In the dawn of the web, one of my favorite websites was despair.com.

I laughed at the sarcastic cynicism and sendups of corporate culture.

Then they rocked my world with a poster of a drop of water falling into a larger body of water with the text: "No single raindrop believes it is to blame for the flood" and the title "Irresponsibility".

Still available apparently, with the base idea being clearly more true than ever.

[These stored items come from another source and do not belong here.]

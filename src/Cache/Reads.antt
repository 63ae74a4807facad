-- ===== src/Cache/Reads.antt =====
-- What `Get`, `Delete` and `Contains` of internal/relay/cache.go return and leave, by the recency
-- list, and what is read after a `Put`.
use p2papp.Prelude.{
  ℕ, ◌+◌, ◌-◌, ◌<◌, ◌≤◌, ◌≡◌, ◌≢◌, refl, sym, Option, none, some, List, ◌∷◌, inl, inr, ◌⊎◌, arith,
  Str, length, half_word, Time, Duration, Option-cases, if◌then◌else◌,
}
use p2papp.Cache.{
  Element, Cache, expired, remove_element, get_at, get_item, delete_at, delete, contains,
  put_with_ttl,
}
use p2papp.Cache.Elements.{find_key}
use p2papp.Cache.Invariant.{IsValid, pointer_lem}
use p2papp.Cache.Recency.{
  without, list_remove-without, without_absent, find_key-fitting_or, find_key-without_ne,
}
use p2papp.Cache.Put.{new_element, put_with_ttl-items, put_with_ttl-IsValid}

-- The content that `Get` returns, from the element of the key.
abbrev pub live_content : Time → Option Element → Option (List ℕ)
live_content t none = none
live_content t (some e) = if expired t e then none else some e.content

-- The recency list after `Get`: a hit moves to the front, an expired element goes.
abbrev pub touched : Str → Time → Time → List Element → Option Element → List Element
touched key t1 t2 es none = es
touched key t1 t2 es (some e) =
    if expired t1 e then without key es else record e { accessed_at = t2 } ∷ without key es

-- `Get` returns the content of the key's element unless it is absent or has expired; a hit moves
-- it to the front, an expired element is removed, and the order of the others stays.
pub get_item_lem :
    (key : Str) (t1 t2 : Time) (c : Cache)
    → IsValid c
    → ((get_item key t1 t2 c).1 ≡ live_content t1 (find_key key c.items))
      × ((get_item key t1 t2 c).0.items ≡ touched key t1 t2 c.items (find_key key c.items))
unfolding get_item get_at remove_element
get_item_lem key t1 t2 c v = elim (Option-cases (find_key key c.items)) [
  | inl miss ↦ rw (pointer_lem c key v, miss) (refl, refl)
  | inr (e, hit) ↦
      rw (pointer_lem c key v, hit)
        (ground arith, ground (arith, list_remove-without key c.items e v.distinct hit))
]

-- A `Get` after a `PutWithTTL` of content within the capacity returns that content, unless the
-- time to live has passed.
pub get_item-put_with_ttl :
    (key : Str) (content : List ℕ) (ttl : Duration) (t1 t2 t3 t4 : Time) (c : Cache)
    → IsValid c
    → c.capacity + length content < half_word
    → length content ≤ c.capacity
    → (get_item key t3 t4 (put_with_ttl key content ttl t1 t2 c)).1
      ≡ (if expired t3 (new_element c.next_id key content ttl t1 t2) then none else some content)
unfolding find_key
get_item-put_with_ttl key content ttl t1 t2 t3 t4 c v small fits =
    rw
      (
        (get_item_lem key t3 t4 (put_with_ttl key content ttl t1 t2 c)
            (put_with_ttl-IsValid key content ttl t1 t2 c v small)).0,
        put_with_ttl-items key content ttl t1 t2 c v small,
      )
      (ground arith)

-- A `PutWithTTL` of one key keeps the element of another key, or evicts it.
pub find_key-put_with_ttl_ne :
    (key other : Str) (content : List ℕ) (ttl : Duration) (t1 t2 : Time) (c : Cache)
    → IsValid c
    → c.capacity + length content < half_word
    → key ≢ other
    → (find_key other (put_with_ttl key content ttl t1 t2 c).items ≡ find_key other c.items)
      ⊎ (find_key other (put_with_ttl key content ttl t1 t2 c).items ≡ none)
unfolding find_key
find_key-put_with_ttl_ne key other content ttl t1 t2 c v small ne =
    rw (put_with_ttl-items key content ttl t1 t2 c v small) (
      ground (
        arith,
        find_key-fitting_or other (c.capacity - length content) (without key c.items),
        find_key-without_ne other key c.items,
      ))

-- `Delete` reports whether the key was there, and removes its element alone.
pub delete_lem :
    (key : Str) (c : Cache)
    → IsValid c
    → ((delete key c).0.items ≡ without key c.items) × ((delete key c).1 ≡ contains key c)
unfolding delete delete_at remove_element contains
delete_lem key c v = elim (Option-cases (find_key key c.items)) [
  | inl miss ↦
      rw (pointer_lem c key v, miss)
        (sym (without_absent key c.items miss), ground (arith, v.agree key))
  | inr (e, hit) ↦
      rw (pointer_lem c key v, hit)
        (list_remove-without key c.items e v.distinct hit, ground (arith, v.agree key))
]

The problem is group actions require group solutions. I can go vegetarian and live a zero impact life, but the flood will still come unless we invest in mitigation and infrastructure.

spenrose 5 years ago

Source paper: https://www.nature.com/articles/s41467-021-24487-w

abeppu 5 years ago

I think our society needs to revisit ideas about not just collective responsibility, but collective guilt. Any one of us struggles to see living our normal carbon-intensive lives as an act of violence, but the consequences are nevertheless deadly. We've understood many of the impacts of our behavior for decades, but our carbon intensive activities only intensified.

At what point can we talk about collective guilt, and appropriate measures of a justice system? At what point do we say that, like PG&E killed a couple of towns, that a larger collective like a country or group of countries has killed people?

  • abeppu 5 years ago

    Clearly my take is unpopular, but the alternative is that we continue to kill with impunity so long as we do it through sufficiently diffuse means?

    • goodpoint 5 years ago

      Together with wealth inequality we are seeing environmental inequality.

      Perhaps history will remember the "First Environmental War" after WW1 and WW2.

    • the_third_wave 5 years ago

      > the alternative is that we continue to kill with impunity

      Who did you kill recently? I did not kill anyone but you must have given your statement.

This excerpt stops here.